Start of Provided entries
-- ===== src/Ir/Receiver/Delivery.antt =====
-- From an idle receiver to the callback: the sync sequence, the pulses behind it, and the decoder.
use picolibs.Base.{
  ℕ, suc, ◌+◌, ◌<◌, ◌^◌, ◌≡◌, refl, ap, Bool, true, false, not, some, List, [], ◌∷◌, ◌++◌,
  append_assoc, length, get_elem?, arith, set, u32, sub64, ◌==◌,
}
use picolibs.Ir.Protocol.{Protocol}
use picolibs.Ir.Message.{Decoded}
use picolibs.Ir.Receiver.{
  Receiver, Grant, store_pulse, start_timeout, start_message_timeout, check_sync, store_timestamp,
  step, run,
}
use picolibs.Ir.Receiver.Collect.{
  edges, total, callbacks, callbacks-add_log, IsDelivered, IsCollecting,
  store_timestamp-IsCollecting, store_timestamp-IsDelivered,
}

-- Durations that fit `uint32_t`.
abbrev pub Fits : List ℕ → Type 0
Fits [] = Unit
Fits (q ∷ qs) = (q < 2 ^ 32) × Fits qs

-- A receiver that waits for a message, since the start of its first mark.
pub record IsIdle (p : Protocol) (ts : ℕ) (r : Receiver) : Type 0 where
  pub waiting : r.sync ≡ 0
  pub stamp : r.prev_ts ≡ ts
  pub room : length r.pulses ≡ p.message_len
  pub capacity : r.mx_pulse ≡ p.message_len

-- What the start of the alarms leaves alone.
record IsUntouched (r r' : Receiver) : Type 0 where
  pulses : r'.pulses ≡ r.pulses
  n_pulse : r'.n_pulse ≡ r.n_pulse
  mx_pulse : r'.mx_pulse ≡ r.mx_pulse
  prev_ts : r'.prev_ts ≡ r.prev_ts
  sync : r'.sync ≡ r.sync
  rcb : r'.rcb ≡ r.rcb
  err : r'.err ≡ r.err
  told : callbacks r'.log ≡ callbacks r.log

module _ (p : Protocol) (grant : Grant) where
  start_message_timeout-IsUntouched : (r : Receiver) → IsUntouched r (start_message_timeout grant r)
  unfolding start_message_timeout
  start_message_timeout-IsUntouched r =
      ground (arith, callbacks-add_log (grant r.log r.msg_timeout) r.msg_timeout r.log)

  start_timeout-IsUntouched : (r : Receiver) → IsUntouched r (start_timeout grant r)
  unfolding start_timeout
  start_timeout-IsUntouched r =
      let r' = start_message_timeout grant r in
      ground (
        arith,
        start_message_timeout-IsUntouched r,
        callbacks-add_log (grant r'.log r'.bit_timeout) r'.bit_timeout r'.log,
      )

  -- The edge that ends the sync mark.
  record IsMarked (ts m y0 : ℕ) (ys : List ℕ) (r r' : Receiver) : Type 0 where
    synced : r'.sync ≡ 1
    count : r'.n_pulse ≡ 1
    stamp : r'.prev_ts ≡ ts
    pulses : r'.pulses ≡ m ∷ ys
    capacity : r'.mx_pulse ≡ r.mx_pulse
    rcb : r'.rcb ≡ r.rcb
    err : r'.err ≡ r.err
    told : callbacks r'.log ≡ callbacks r.log

  -- The receiver with the first pulse.
  abbrev marked : ℕ → Receiver → Receiver
  marked m r = record (store_pulse m (record r { n_pulse = 0 })) { sync = 1 }

  check_sync_mark :
      (ts m : ℕ) (r : Receiver)
      → u32 (sub64 ts r.prev_ts) ≡ m
      → r.sync ≡ 0
      → p.is_mark m ≡ true
      → check_sync p ts true r ≡ (false, marked m r)
  unfolding check_sync
  check_sync_mark ts m r delta waiting good =
      let idle : (r.sync == 0) ≡ true = ground arith in rw (idle, delta, good)

  store_timestamp_mark :
      (ts m : ℕ) (r : Receiver)
      → u32 (sub64 ts r.prev_ts) ≡ m
      → r.sync ≡ 0
      → p.is_mark m ≡ true
      → store_timestamp p grant ts true r
        ≡ start_timeout grant (record (marked m r) { prev_ts = ts })
  unfolding store_timestamp
  store_timestamp_mark ts m r delta waiting good =
      let idle : (r.sync == 0) ≡ true = ground arith in
      rw (check_sync_mark ts m r delta waiting good, idle)

  sync_mark :
      (ts m y0 : ℕ) (ys : List ℕ) (r : Receiver)
      → m < 2 ^ 32
      → ts + m < 2 ^ 64
      → IsIdle p ts r
      → r.pulses ≡ y0 ∷ ys
      → p.is_mark m ≡ true
      → IsMarked (ts + m) m y0 ys r (store_timestamp p grant (ts + m) true r)
  unfolding store_pulse
  sync_mark ts m y0 ys r hm ht idle split good =
      let delta : u32 (sub64 (ts + m) r.prev_ts) ≡ m = omega (arith, idle.stamp) in
      rw (store_timestamp_mark (ts + m) m r delta idle.waiting good) (
        ground (
          arith,
          start_timeout-IsUntouched (record (marked m r) { prev_ts = ts + m }),
          ap (λ (xs : List ℕ). set xs 0 m) split,
        ))

  -- The edge that ends the sync space.
  check_sync_space :
      (ts s : ℕ) (r : Receiver)
      → u32 (sub64 ts r.prev_ts) ≡ s
      → r.sync ≡ 1
      → p.is_space s ≡ true
      → check_sync p ts false r ≡ (false, store_pulse s (record r { sync = 2 }))
  unfolding check_sync
  check_sync_space ts s r delta synced good =
      let waits : (r.sync == 0) ≡ false = ground arith in
      let marks : (r.sync == 1) ≡ true = ground arith in rw (waits, marks, delta, good)

  sync_space :
      (ts m s y0 y1 : ℕ) (junk : List ℕ) (r0 r : Receiver)
      → s < 2 ^ 32
      → ts + s < 2 ^ 64
      → p.message_len ≡ length junk + 2
      → r0.mx_pulse ≡ p.message_len
      → IsMarked ts m y0 (y1 ∷ junk) r0 r
      → p.is_space s ≡ true
      → IsCollecting p.message_len
          (ts + s)
          (m ∷ s ∷ [])
          junk
          r0
          (store_timestamp p grant (ts + s) false r)
  unfolding store_timestamp store_pulse
  sync_space ts m s y0 y1 junk r0 r hs ht len cap h good =
      let delta : u32 (sub64 (ts + s) r.prev_ts) ≡ s = omega (arith, h.stamp) in
      let waits : (r.sync == 0) ≡ false = ground (arith, h.synced) in
      rw (check_sync_space (ts + s) s r delta h.synced good, waits)
        (ground (arith, h, ap (λ (xs : List ℕ). set xs 1 s) h.pulses))

  -- All pulses behind the sync sequence.
  run-IsDelivered :
      (qs : List ℕ) (q ts end : ℕ) (falling : Bool) (got junk : List ℕ) (r0 r : Receiver)
      (d : Decoded)
      → q < 2 ^ 32
      → Fits qs
      → end ≡ ts + total (q ∷ qs)
      → end < 2 ^ 64
      → IsCollecting p.message_len ts got junk r0 r
      → length junk ≡ suc (length qs)
      → p.decode (got ++ (q ∷ qs)) p.message_len ≡ some d
      → IsDelivered d end r0 (run p grant (edges ts falling (q ∷ qs)) r)
  unfolding run step
  run-IsDelivered qs q ts end falling got [] r0 r d hq hqs e he h room decoded =
      absurd (omega arith)
  run-IsDelivered [] q ts end falling got (y ∷ []) r0 r d hq hqs e he h room decoded =
      let same : end ≡ ts + q = omega arith in
      rw same
        (store_timestamp-IsDelivered p grant ts q y falling got r0 r d hq (omega arith) h decoded)
  run-IsDelivered [] q ts end falling got (y ∷ z ∷ junk) r0 r d hq hqs e he h room decoded =
      absurd (omega arith)
  run-IsDelivered (q' ∷ qs) q ts end falling got (y ∷ junk) r0 r d hq hqs e he h room decoded =
      run-IsDelivered qs q' (ts + q) end (not falling) (got ++ (q ∷ [])) junk r0
        (store_timestamp p grant (ts + q) falling r) d hqs.0 hqs.1 (omega arith) he
        (store_timestamp-IsCollecting p grant ts q y falling got junk r0 r hq (omega arith) h
          (omega (arith, h.room)))
        (omega arith) (rw (append_assoc got (q ∷ []) (q' ∷ qs)) decoded)

  deliver_from :
      (ts m s q end : ℕ) (qs xs : List ℕ) (r : Receiver) (d : Decoded)
      → Fits (m ∷ s ∷ q ∷ qs)
      → end ≡ ts + total (m ∷ s ∷ q ∷ qs)
      → end < 2 ^ 64
      → length (m ∷ s ∷ q ∷ qs) ≡ p.message_len
      → IsIdle p ts r
      → r.pulses ≡ xs
      → p.is_mark m ≡ true
      → p.is_space s ≡ true
      → p.decode (m ∷ s ∷ q ∷ qs) p.message_len ≡ some d
      → IsDelivered d end r (run p grant (edges ts true (m ∷ s ∷ q ∷ qs)) r)
  unfolding run step
  deliver_from ts m s q end qs [] r d fits e he len idle split hm hs decoded =
      absurd (omega (arith, idle.room, ap length split))
  deliver_from ts m s q end qs (y0 ∷ []) r d fits e he len idle split hm hs decoded =
      absurd (omega (arith, idle.room, ap length split))
  deliver_from ts m s q end qs (y0 ∷ y1 ∷ junk) r d fits e he len idle split hm hs decoded =
      let r1 = store_timestamp p grant (ts + m) true r in
      let r2 = store_timestamp p grant (ts + m + s) false r1 in
      let all : length (y0 ∷ y1 ∷ junk) ≡ p.message_len = rw split at idle.room in
      let after_mark = sync_mark ts m y0 (y1 ∷ junk) r fits.0 (omega arith) idle split hm in
      let after_space =
        sync_space (ts + m) m s y0 y1 junk r r1 fits.1.0 (omega arith) (omega arith) idle.capacity
          after_mark hs in
      run-IsDelivered qs q (ts + m + s) end true (m ∷ s ∷ []) junk r r2 d fits.1.1.0 fits.1.1.1
        (omega arith) he after_space (omega arith) decoded

-- An idle receiver that sees the edges of a train of pulses, as many as a message has, whose first
-- two pass the tests of the sync sequence and whose durations and times fit their words, hands
-- exactly these pulses to the decoder, once. The application is told by the received callback if the decoder
-- accepts, else by the error callback, if it has set them, and nothing else; the receiver is idle again with no alarm, and
-- keeps the decoded address and function for a repeat code.
pub deliver :
    (p : Protocol) (grant : Grant) (ts m s q : ℕ) (qs : List ℕ) (r : Receiver) (d : Decoded)
    → Fits (m ∷ s ∷ q ∷ qs)
    → ts + total (m ∷ s ∷ q ∷ qs) < 2 ^ 64
    → length (m ∷ s ∷ q ∷ qs) ≡ p.message_len
    → IsIdle p ts r
    → p.is_mark m ≡ true
    → p.is_space s ≡ true
    → p.decode (m ∷ s ∷ q ∷ qs) p.message_len ≡ some d
    → IsDelivered d (ts + total (m ∷ s ∷ q ∷ qs)) r (run p grant (edges ts true (m ∷ s ∷ q ∷ qs)) r)
deliver p grant ts m s q qs r d fits he len idle hm hs decoded =
    deliver_from p grant ts m s q _ qs r.pulses r d fits refl he len idle refl hm hs decoded

pub Fits-total : (qs : List ℕ) → total qs < 2 ^ 32 → Fits qs
Fits-total [] h = tt
Fits-total (q ∷ qs) h = (omega arith, Fits-total qs (omega arith))

-- A train long enough to have a sync sequence and a pulse behind it.
pub deliver_train :
    (p : Protocol) (grant : Grant) (ts : ℕ) (qs : List ℕ) (r : Receiver) (d : Decoded)
    → total qs < 2 ^ 32
    → ts + total qs < 2 ^ 64
    → length qs ≡ p.message_len
    → IsIdle p ts r
    → ((q : ℕ) → get_elem? qs 0 ≡ some q → p.is_mark q ≡ true)
    → ((q : ℕ) → get_elem? qs 1 ≡ some q → p.is_space q ≡ true)
    → p.decode qs p.message_len ≡ some d
    → IsDelivered d (ts + total qs) r (run p grant (edges ts true qs) r)
deliver_train p grant ts [] r d h he len idle hm hs decoded = absurd (omega (arith, p.message_long))
deliver_train p grant ts (m ∷ []) r d h he len idle hm hs decoded =
    absurd (omega (arith, p.message_long))
deliver_train p grant ts (m ∷ s ∷ []) r d h he len idle hm hs decoded =
    absurd (omega (arith, p.message_long))
deliver_train p grant ts (m ∷ s ∷ q ∷ qs) r d h he len idle hm hs decoded =
    deliver p grant ts m s q qs r d (Fits-total (m ∷ s ∷ q ∷ qs) h) he len idle (hm m refl)
      (hs s refl) decoded
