-- ===== src/Ir/Nec/Transmitter.antt =====
-- `NEC_Transmitter::setMessageTimes` and `repeat` (ir/nec_transmitter.cpp): the pulse times.
use picolibs.Base.{
  ℕ, ◌-◌, ◌*◌, ◌/◌, ◌%◌, ◌≡◌, Bool, List, [], ◌∷◌, ◌++◌, bit_and, bit_xor, arith, ltb,
  if◌then◌else◌, length, length-append,
}
use picolibs.Ir.Led.{Led, set_output_times, repeat}
use picolibs.Alarm.{AlarmId}
use picolibs.Bits.{bit_and_byte, bit_xor_ff}
use picolibs.Ir.Nec.{nec_base_pulse, nec_message_len}
use picolibs.Ir.PulseDistance.{encode_bytes, length-encode_bytes}

-- `data[0]` to `data[3]`. An address above 255 takes both address bytes; a smaller one is followed
-- by its complement, as the function always is.
unfoldable pub message_bytes : ℕ → ℕ → List ℕ
message_bytes addr func =
    bit_and addr 0xff
    ∷ (if ltb 255 addr then bit_and (addr / 256) 0xff else bit_xor (bit_and addr 0xff) 0xff)
    ∷ bit_and func 0xff
    ∷ bit_xor (bit_and func 0xff) 0xff
    ∷ []

-- The array that `setMessageTimes` hands to `setOutputTimes`.
unfoldable pub message_times : ℕ → ℕ → List ℕ
message_times addr func =
    nec_base_pulse * 16
    ∷ nec_base_pulse * 8
    ∷ (encode_bytes nec_base_pulse (message_bytes addr func) ++ nec_base_pulse ∷ [])

-- The array of `repeat`.
pub repeat_times : List ℕ
repeat_times = nec_base_pulse * 16 ∷ nec_base_pulse * 4 ∷ nec_base_pulse ∷ []

-- The second address byte as a number.
abbrev pub second_byte : ℕ → ℕ
second_byte addr = if ltb 255 addr then addr / 256 % 256 else 255 - addr % 256

pub message_bytes_lem :
    (addr func : ℕ)
    → message_bytes addr func ≡ addr % 256 ∷ second_byte addr ∷ func % 256 ∷ (255 - func % 256) ∷ []
unfolding message_bytes
message_bytes_lem addr func = rw (
  bit_and_byte addr,
  bit_and_byte (addr / 256),
  bit_and_byte func,
  bit_xor_ff (addr % 256) (omega arith),
  bit_xor_ff (func % 256) (omega arith),
)

pub length-message_times : (addr func : ℕ) → length (message_times addr func) ≡ nec_message_len
unfolding message_times message_bytes
length-message_times addr func = omega (
  arith,
  length-append (encode_bytes nec_base_pulse (message_bytes addr func)) (nec_base_pulse ∷ []),
  length-encode_bytes nec_base_pulse (message_bytes addr func),
)

-- `setMessageTimes`: the times go to the base class.
unfoldable pub set_message_times : ℕ → ℕ → Led → Led
set_message_times addr func l =
    set_output_times (message_times addr func) (length (message_times addr func)) l

-- `repeat`: the repeat code is loaded and sent once.
unfoldable pub send_repeat : (ℕ → AlarmId) → Led → Bool × Led
unfolding repeat_times
send_repeat alarm l = repeat alarm (set_output_times repeat_times 3 l)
End of Provided entries
* _Exercise requirements_:
For the listing above, state the number of lines that contain the word "total" and nothing more.

* _Answer to this exercise_:
12